Theroetically we could measure it by having humans play “the language model game” where you try to predict the next word in a text, repeatedly. How often you would get the next word wrong is a function of your natural loss. Of course, you’d get better at this game as you went along, just like LMs do, so what we’d want to measure is how well you’d do after playing for a few days.
There might have been a psychological study that resembles this. (I don’t know.) We could probably also replicate it via citizen science: create a website where you play this game, and get people to play it. My prediction is that DL LMs are already far superior to even the best humans at this game. (Note that this doesn’t mean I think DL is smarter than humans.)
Such a game already exists! See https://rr-lm-game.herokuapp.com/whichonescored2 and https://rr-lm-game.herokuapp.com/. I’ve been told humans tend to do pretty badly at the games (I didn’t do too well myself), so if you feel discouraged playing and want a similar style of game that’s perhaps a bit more fun (if slightly less relevant to the question at hand), I recommend https://www.redactle.com/.
Regardless, I guess I’m thinking of loss (in humans) in the more abstract sense of “what’s the distance between the correct and human-given answer [to an arbitrary question about the real world]?” If there’s some mathematically necessary positive amount of loss humans must have at a minimum, that would seemingly imply that there are fundamental limits to the ability of human cognition to model reality.
Is there some reasonable-ish way to think about loss in the domain(s) that humans are (currently) superior at? (This might be equivalent to asking for a test of general intelligence, if one wants to be fully comprehensive)
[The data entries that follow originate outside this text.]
-- ===== src/Bridge/History.antt =====
-- The bridge and core 0 at work: pushes on the data ring and rounds, in any order.
use mathlib.Core.Option
use mathlib.Core.List.{append_assoc, append-nil}
use mokya_lora.Prelude.{
  ℕ, ◌≤◌, ◌<◌, ◌≡◌, refl, sym, ap, ◌∙◌, subst, Bool, true, false, some, [], ◌∷◌, ◌++◌, take, drop,
  take-append-drop, u32, inl, inr, arith, if◌then◌else◌,
}
use mokya_lora.Ipc.Ring.{Message, push, payload_max, ring_slot_count}
use mokya_lora.Ipc.Ring.Spec.{Queue, packet}
use mokya_lora.Ipc.Ring.Inv.{IsValid, push-IsValid}
use mokya_lora.Ipc.Ring.Refine.{contents, push_refines}
use mokya_lora.Bridge.{Outside}
use mokya_lora.Bridge.Packets.{
  AllPackets, AllPackets-snoc, AllPackets-drop, enqueue-cases, handle_all, handle_all-append,
  serial_of, serial_of-append, any_reboot, any_reboot-append, NoneBehind, NoneBehind-take, IsSent,
  packet-IsPacket,
}
use mokya_lora.Bridge.Loop.{Bridge, round}
use mokya_lora.Bridge.Run.{round-Rounded}

-- The packets that a round takes.
abbrev pub taken : Bool → Queue → Queue
taken true c = []
taken false c = take 1 c

module _ (o : Outside) where
  open o use {World, mounted, sent, idle, sent-idle}

  abbrev pub pending_of : Bridge World → Queue
  pending_of s = contents ring_slot_count s.from_core0

  -- `ipc_ring_push` by core 0 on the data ring
  abbrev pub core0_push : Bridge World → Message → Bool × Bridge World
  core0_push s m =
      let (ok, r) = push ring_slot_count s.from_core0 m in (ok, record s { from_core0 = r })

  -- `After s0 s pushed done`: from `s0` to `s`, where the ring accepted the packets `pushed` from core
  -- 0 and the rounds took the packets `done`.
  pub data After (s0 : Bridge World) : Bridge World → Queue → Queue → Type 0 where
    start : After s0 s0 [] []
    pushes :
        {s : Bridge World} {pushed done : Queue} (m : Message)
        → After s0 s pushed done
        → IsSent m
        → After s0
            (core0_push s m).1
            (if (core0_push s m).0 then pushed ++ packet m ∷ [] else pushed)
            done
    rounds :
        {s s' : Bridge World} {pushed done : Queue} (f g : ℕ)
        → After s0 s pushed done
        → round o f g s ≡ some s'
        → After s0 s' pushed (done ++ taken s.reboot_pending (pending_of s))

  -- a bridge whose data ring is empty
  pub record IsFresh (s : Bridge World) : Type 0 where
    pub ring : IsValid ring_slot_count s.from_core0
    pub empty : pending_of s ≡ []
    pub total : s.rx_total < u32
    pub running : s.reboot_pending ≡ false

  record Sound (s0 s : Bridge World) (pushed done : Queue) : Type 0 where
    valid : IsValid ring_slot_count s.from_core0
    packets : AllPackets (pending_of s)
    order : pushed ≡ done ++ pending_of s
    kept : s.kept ≡ handle_all s0.kept done
    total : s.rx_total < u32
    pending : s.reboot_pending ≡ any_reboot done
    last : NoneBehind done
    stream :
        ((w : World) → (mounted w).0 ≡ true) → sent s.outside ≡ sent s0.outside ++ serial_of done

  push-Sound :
      (s0 s : Bridge World) (pushed done : Queue) (m : Message)
      → Sound s0 s pushed done
      → IsSent m
      → Sound s0
          (core0_push s m).1
          (if (core0_push s m).0 then pushed ++ packet m ∷ [] else pushed)
          done
  push-Sound s0 s pushed done m v h = elim (enqueue-cases ring_slot_count (pending_of s) m) [
    | inl (fits, e) ↦ accepted fits (push_refines ring_slot_count m v.valid h.0 ∙ e)
    | inr e ↦ refused (push_refines ring_slot_count m v.valid h.0 ∙ e)
  ]
    where
      ok : Bool
      ok = (core0_push s m).0

      s' : Bridge World
      s' = (core0_push s m).1

      grown : Bool → Queue
      grown b = if b then pushed ++ packet m ∷ [] else pushed

      accepted :
          m.len ≤ payload_max
          → ◌≡◌ {A = Bool × Queue} (ok, pending_of s') (true, pending_of s ++ packet m ∷ [])
          → Sound s0 s' (grown ok) done
      accepted fits e =
          let c = sym (ap (λ x. x.1) e) in
          subst (λ b. Sound s0 s' (grown b) done) (sym (ap (λ x. x.0) e))
            record {
              valid = push-IsValid ring_slot_count m v.valid;
              packets =
                  subst AllPackets c (
                    AllPackets-snoc (pending_of s) (packet m) v.packets (packet-IsPacket m h fits));
              order =
                  ap (λ t. t ++ packet m ∷ []) v.order
                  ∙ append_assoc done (pending_of s) (packet m ∷ [])
                  ∙ ap (λ t. done ++ t) c;
              kept = v.kept;
              total = v.total;
              pending = v.pending;
              last = v.last;
              stream = v.stream;
            }

      refused :
          ◌≡◌ {A = Bool × Queue} (ok, pending_of s') (false, pending_of s)
          → Sound s0 s' (grown ok) done
      refused e =
          let c = sym (ap (λ x. x.1) e) in
          subst (λ b. Sound s0 s' (grown b) done) (sym (ap (λ x. x.0) e))
            record {
              valid = push-IsValid ring_slot_count m v.valid;
              packets = subst AllPackets c v.packets;
              order = v.order ∙ ap (λ t. done ++ t) c;
              kept = v.kept;
              total = v.total;
              pending = v.pending;
              last = v.last;
              stream = v.stream;
            }

  -- A round behind the announcement of a reboot only waits.
  round-idle :
      (s s' : Bridge World) (f g : ℕ)
      → s.reboot_pending ≡ true
      → round o f g s ≡ some s'
      → record s { outside = idle s.outside } ≡ s'
  unfolding round
  round-idle s s' f g up e = Option.some-injective _ _ (ground (arith, up, e))

  round-Sound :
      (s0 s s' : Bridge World) (pushed done : Queue) (f g : ℕ)
      → Sound s0 s pushed done
      → round o f g s ≡ some s'
      → Sound s0 s' pushed (done ++ taken s.reboot_pending (pending_of s))
  round-Sound s0 s s' pushed done f g v e = split s.reboot_pending refl
    where
      split :
          (b : Bool) → s.reboot_pending ≡ b → Sound s0 s' pushed (done ++ taken b (pending_of s))
      split true up =
          subst (λ d. Sound s0 s' pushed d) (sym (append-nil done))
            (subst (λ t. Sound s0 t pushed done) (round-idle s s' f g up e)
              record {
                valid = v.valid;
                packets = v.packets;
                order = v.order;
                kept = v.kept;
                total = v.total;
                pending = v.pending;
                last = v.last;
                stream = λ m. sent-idle s.outside ∙ v.stream m;
              })
      split false up =
          let r = round-Rounded o f g s s' v.total v.valid v.packets up e in
          let c = pending_of s in
          record {
            valid = r.valid;
            packets = subst AllPackets (sym r.rest) (AllPackets-drop 1 c v.packets);
            order =
                v.order
                ∙ ap (λ t. done ++ t) (sym (take-append-drop 1 c))
                ∙ sym (append_assoc done (take 1 c) (drop 1 c))
                ∙ ap (λ t. (done ++ take 1 c) ++ t) (sym r.rest);
            kept =
                r.kept
                ∙ ap (λ k. handle_all k (take 1 c)) v.kept
                ∙ sym (handle_all-append s0.kept done (take 1 c));
            total = r.total;
            pending = ground (arith, r.pending, up, v.pending, any_reboot-append done (take 1 c));
            last = NoneBehind-take done c v.last (sym v.pending ∙ up);
            stream = λ m.
                r.stream m
                ∙ ap (λ t. t ++ serial_of (take 1 c)) (v.stream m)
                ∙ append_assoc (sent s0.outside) (serial_of done) (serial_of (take 1 c))
                ∙ ap (λ t. sent s0.outside ++ t) (sym (serial_of-append done (take 1 c)));
          }

  After-Sound :
      (s0 s : Bridge World) (pushed done : Queue)
      → IsFresh s0
      → After s0 s pushed done
      → Sound s0 s pushed done
  After-Sound s0 _ _ _ h start = record {
    valid = h.ring;
    packets = subst AllPackets (sym h.empty) tt;
    order = sym h.empty;
    kept = refl;
    total = h.total;
    pending = h.running;
    last = tt;
    stream = λ m. sym (append-nil (sent s0.outside));
  }
  After-Sound s0 _ _ done h (pushes {s} {pushed} m a sound) =
      push-Sound s0 s pushed done m (After-Sound s0 s pushed done h a) sound
  After-Sound s0 s' pushed _ h (rounds {s} {done = done} f g a e) =
      round-Sound s0 s s' pushed done f g (After-Sound s0 s pushed done h a) e

  -- However core 0's pushes and the bridge's rounds follow one another from an empty data ring: what
  -- the ring accepted is what the rounds took, in order, followed by what is pending; the nodes, the
  -- inbox and the transmit status are those that the taken packets leave, each applied once and read
  -- from its own bytes; and behind a packet that announces a reboot no other is taken.
  pub After-stores :
      (s0 s : Bridge World) (pushed done : Queue)
      → IsFresh s0
      → After s0 s pushed done
      → (pushed ≡ done ++ pending_of s)
        × (s.kept ≡ handle_all s0.kept done)
        × (s.reboot_pending ≡ any_reboot done)
        × NoneBehind done
  After-stores s0 s pushed done h a =
      let v = After-Sound s0 s pushed done h a in (v.order, v.kept, v.pending, v.last)

  -- However core 0's pushes and the bridge's rounds follow one another from an empty data ring, while
  -- the device is always found mounted: the CDC endpoint was given the bytes of the serial messages
  -- among the taken packets, whole and in order, and nothing else, so no byte of a log line.
  pub After-stream :
      (s0 s : Bridge World) (pushed done : Queue)
      → IsFresh s0
      → After s0 s pushed done
      → ((w : World) → (mounted w).0 ≡ true)
      → sent s.outside ≡ sent s0.outside ++ serial_of done
  After-stream s0 s pushed done h a m = (After-Sound s0 s pushed done h a).stream m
The scoring for that first game is downright bizarre. The optimal strategy for picking probabilities does not reflect the actual relative likelihoods of the options, but says “don’t overthink it”. In order to do well, you must overthink it.
(I run the team that created that game. I made the guess-most-likely-next-token game and Fabien Roger made the other one.)
The optimal strategy for picking probabilities in that game is to say what your probability for those two next tokens would have been if you hadn’t updated on being asked about them. What’s your problem with this?
It’s kind of sad that this scoring system is kind of complicated. But I don’t know how to construct simpler games such that we can unbiasedly infer human perplexity from what the humans do.
Theroetically we could measure it by having humans play “the language model game” where you try to predict the next word in a text, repeatedly. How often you would get the next word wrong is a function of your natural loss. Of course, you’d get better at this game as you went along, just like LMs do, so what we’d want to measure is how well you’d do after playing for a few days.
There might have been a psychological study that resembles this. (I don’t know.) We could probably also replicate it via citizen science: create a website where you play this game, and get people to play it. My prediction is that DL LMs are already far superior to even the best humans at this game. (Note that this doesn’t mean I think DL is smarter than humans.)
Such a game already exists! See https://rr-lm-game.herokuapp.com/whichonescored2 and https://rr-lm-game.herokuapp.com/. I’ve been told humans tend to do pretty badly at the games (I didn’t do too well myself), so if you feel discouraged playing and want a similar style of game that’s perhaps a bit more fun (if slightly less relevant to the question at hand), I recommend https://www.redactle.com/. Regardless, I guess I’m thinking of loss (in humans) in the more abstract sense of “what’s the distance between the correct and human-given answer [to an arbitrary question about the real world]?” If there’s some mathematically necessary positive amount of loss humans must have at a minimum, that would seemingly imply that there are fundamental limits to the ability of human cognition to model reality.
Yes, humans are way worse than even GPT-1 at next-token prediction, even after practicing for an hour.
EDIT: These results are now posted here
Is there some reasonable-ish way to think about loss in the domain(s) that humans are (currently) superior at? (This might be equivalent to asking for a test of general intelligence, if one wants to be fully comprehensive)
The scoring for that first game is downright bizarre. The optimal strategy for picking probabilities does not reflect the actual relative likelihoods of the options, but says “don’t overthink it”. In order to do well, you must overthink it.
(I run the team that created that game. I made the guess-most-likely-next-token game and Fabien Roger made the other one.)
The optimal strategy for picking probabilities in that game is to say what your probability for those two next tokens would have been if you hadn’t updated on being asked about them. What’s your problem with this?
It’s kind of sad that this scoring system is kind of complicated. But I don’t know how to construct simpler games such that we can unbiasedly infer human perplexity from what the humans do.
Yeah, if anyone builds a better version of this game, please let me know!